HTTP/1.0 407 Proxy authentication required Proxy-authenticate: ... ... SSL data ...

In this case, the client would send the required authentication information in a message that looks as follows:

CONNECT www.esecurity.ch:443 HTTP/1.0 User-agent: Mozilla/4.05 [en] (WinNT; U) Proxy-authorization: ... ... SSL data ...

Note that the CONNECT method provides a lower level function than the other HTTP methods. Think of it as some kind of an "escape mechanism" for saying that the proxy server should not interfere with the transaction, but merely serve as a circuit-level gateway and forward the data stream. In fact, the proxy server should not need to know the entire URL that is being requested–only the information that is actually needed to serve the request, such as the hostname and port number of the origin Web server. Consequently, the proxy server cannot verify that the protocol being spoken is really SSL, and the proxy server configuration should therefore explicitly limit allowed (tunneled) connections to well-known SSL ports, such as 443 for HTTPS or 563 for NNTPS (the port numbers are assigned by the IANA). As of this writing, SSL tunneling is supported by most HTTP proxy servers and browsers that are commercially available, including, for example, Netscape Navigator and Microsoft Internet Explorer.

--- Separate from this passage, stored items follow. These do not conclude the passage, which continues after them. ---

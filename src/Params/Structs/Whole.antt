-- ===== src/Params/Structs/Whole.antt =====
-- include/StructInfo.h: `fromProto` writes the whole of a message or nothing of it.
use catena.Base.{◌≡◌, refl, ◌⊎◌, inl, inr, false, Bool-cases, arith}
use catena.Status.{
  StatusCode, ok, is_ok, is_ok-true, Outcome, Outcome-cases, returns, throws, Exception,
  returns-injective,
}
use catena.Proto.{ProtoValue}
use catena.Authorizer.{Authorizer}
use catena.Params.{Descriptor}
use catena.Params.Convert.{
  from_int32, from_float32, from_string, from_int32_array, from_float32_array, from_string_array,
}
use catena.Params.Structs.{
  Kind, int32_kind, float32_kind, string_kind, int32_array_kind, float32_array_kind,
  string_array_kind, Shape, leaf, struct_of, variant_of, struct_array_of, variant_array_of, Tree,
  KindValue, Value, descriptor_of, valid, valid_kind,
}
use catena.Params.Structs.Writing.{from_kind, checked, from_proto}
use catena.Params.Structs.Overwriting.{overwrites}

from_kind-invalid :
    (k : Kind) (src : ProtoValue) (d : Descriptor) (authz : Authorizer)
    → is_ok (valid_kind k src d ok authz) ≡ false
    → (dst : KindValue k) → from_kind k src dst d authz ≡ (valid_kind k src d ok authz, dst)
unfolding valid_kind from_kind from_int32 from_float32 from_string from_int32_array
    from_float32_array from_string_array
from_kind-invalid int32_kind src d authz h dst = rw h refl
from_kind-invalid float32_kind src d authz h dst = rw h refl
from_kind-invalid string_kind src d authz h dst = rw h refl
from_kind-invalid int32_array_kind src d authz h dst = rw h refl
from_kind-invalid float32_array_kind src d authz h dst = rw h refl
from_kind-invalid string_array_kind src d authz h dst = rw h refl

checked-invalid :
    {A : Type 0} (validated : Outcome StatusCode) (written : Outcome A) (dst : A) (rc : StatusCode)
    → validated ≡ returns rc
    → is_ok rc ≡ false
    → checked validated written dst ≡ returns (rc, dst)
unfolding checked
checked-invalid validated written dst rc v bad = rw (v, bad) refl

checked-throws :
    {A : Type 0} (validated : Outcome StatusCode) (written : Outcome A) (dst : A) (e : Exception)
    → validated ≡ throws e
    → checked validated written dst ≡ throws e
unfolding checked
checked-throws validated written dst e v = rw v refl

abbrev Keeps : (s : Shape) → ProtoValue → Tree → Authorizer → StatusCode → Type 0
Keeps s src t authz rc = (dst : Value s) → from_proto s src dst t authz ≡ returns (rc, dst)

keeps :
    (s : Shape) (src : ProtoValue) (t : Tree) (authz : Authorizer) (rc : StatusCode)
    → valid s src t ok authz ≡ returns rc
    → is_ok rc ≡ false
    → Keeps s src t authz rc
unfolding valid Value from_proto
keeps (leaf k) src t authz rc h bad dst =
    let same : valid_kind k src (descriptor_of t) ok authz ≡ rc = returns-injective h in
    rw (from_kind-invalid k src (descriptor_of t) authz (rw same bad) dst, same) refl
keeps (struct_of fs) src t authz rc h bad dst = checked-invalid _ _ dst rc h bad
keeps (variant_of n s alts) src t authz rc h bad dst = checked-invalid _ _ dst rc h bad
keeps (struct_array_of fs) src t authz rc h bad dst = checked-invalid _ _ dst rc h bad
keeps (variant_array_of n s alts) src t authz rc h bad dst = checked-invalid _ _ dst rc h bad

raises :
    (s : Shape) (src : ProtoValue) (t : Tree) (authz : Authorizer) (e : Exception)
    → valid s src t ok authz ≡ throws e
    → (dst : Value s) → from_proto s src dst t authz ≡ throws e
unfolding valid Value from_proto
raises (leaf k) src t authz e h dst = absurd (ground arith)
raises (struct_of fs) src t authz e h dst = checked-throws _ _ dst e h
raises (variant_of n s alts) src t authz e h dst = checked-throws _ _ dst e h
raises (struct_array_of fs) src t authz e h dst = checked-throws _ _ dst e h
raises (variant_array_of n s alts) src t authz e h dst = checked-throws _ _ dst e h

-- `fromProto` is all or nothing for every type that is built of structs, variants and arrays of them:
-- where the validation throws, it throws the same; where the validation says `OK`, it says `OK` and
-- writes a value that does not depend on what stood there; and where the validation says anything else,
-- it says the same and leaves what stood there.
pub from_proto-valid :
    (s : Shape) (src : ProtoValue) (t : Tree) (authz : Authorizer)
    → ((e : Exception) × ((valid s src t ok authz ≡ throws e)
          × ((dst : Value s) → from_proto s src dst t authz ≡ throws e)))
      ⊎ ((valid s src t ok authz ≡ returns ok)
          × ((v : Value s) × ((dst : Value s) → from_proto s src dst t authz ≡ returns (ok, v))))
      ⊎ ((rc : StatusCode) × ((valid s src t ok authz ≡ returns rc)
            × ((is_ok rc ≡ false)
                × ((dst : Value s) → from_proto s src dst t authz ≡ returns (rc, dst)))))
from_proto-valid s src t authz = elim (Outcome-cases (valid s src t ok authz)) [
  | inl (e, thrown) ↦ inl (e, (thrown, raises s src t authz e thrown))
  | inr (rc, read) ↦ elim (Bool-cases (is_ok rc)) [
    | inl good ↦
        let fine = rw (is_ok-true rc good) at read in
        inr (inl (fine, overwrites s src t authz fine))
    | inr bad ↦ inr (inr (rc, (read, (bad, keeps s src t authz rc read bad))))
  ]
]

The primary use of SSL tunneling is to let internal users within a corporate intranet access external HTTPS servers on the Internet (in this case, it is seldom necessary to check the destination port number, because outbound HTTP connections are allowed in most security policies). Nevertheless, SSL tunneling can also be used in the opposite direction, namely, to make internal HTTPS servers visible and accessible to the outside world (to the users located on the Internet). In this case, however, the proxy server acts as an inbound proxy[11] for the SSL data traffic. What this basically means is that HTTPS connections originating from the outside world are simply relayed by the inbound proxy to the internal HTTPS servers, where the requesting users should be strongly authenticated. Therefore, the internal Web servers must implement the SSL or TLS protocol. Unfortunately, this is not always the case and most internal Web servers are still not SSL or TLS-enabled (and do not represent HTTPS servers accordingly). In this case, the inbound proxy must authenticate the requesting clients and connect them to the appropriate internal Web servers. To make this possible (and to make these servers visible to the outside world), several SSL gateways or SSL proxy servers have been developed and are being marketed today. For example, a group of researchers from the DEC Systems Research Center proposed the use of a combination of SSL client authentication (at the inbound proxy) and URL rewriting techniques in a technology called "secure Web tunneling" [21]. Since then, several products have been developed that implement similar ideas. One example is the Trusted Entry Security Server (TESS) jointly developed by two Swiss companies.[12]

A final word is due to the fact that the use of SSL, TLS, or any other transport layer security protocol to secure (i.e., encrypt) HTTP data traffic also negatively influences the usefulness of proxy servers for caching. If a resource is encrypted end-to-end, it is encrypted in a way that is useful only for the server and one particular client (i.e., the client that has requested the resource and holds the corresponding session key). Consequently, there is no use in caching the encrypted resource for other clients.

[11]In the literature, inbound proxies are called reverse proxies most of the time. In this book, however, we use the term "inbound proxy," as there is no reverse functionality involved. In fact, a reverse proxy is doing nothing differently than a normal proxy server. The only difference is that it primarily servers inbound connections (instead of outbound connections).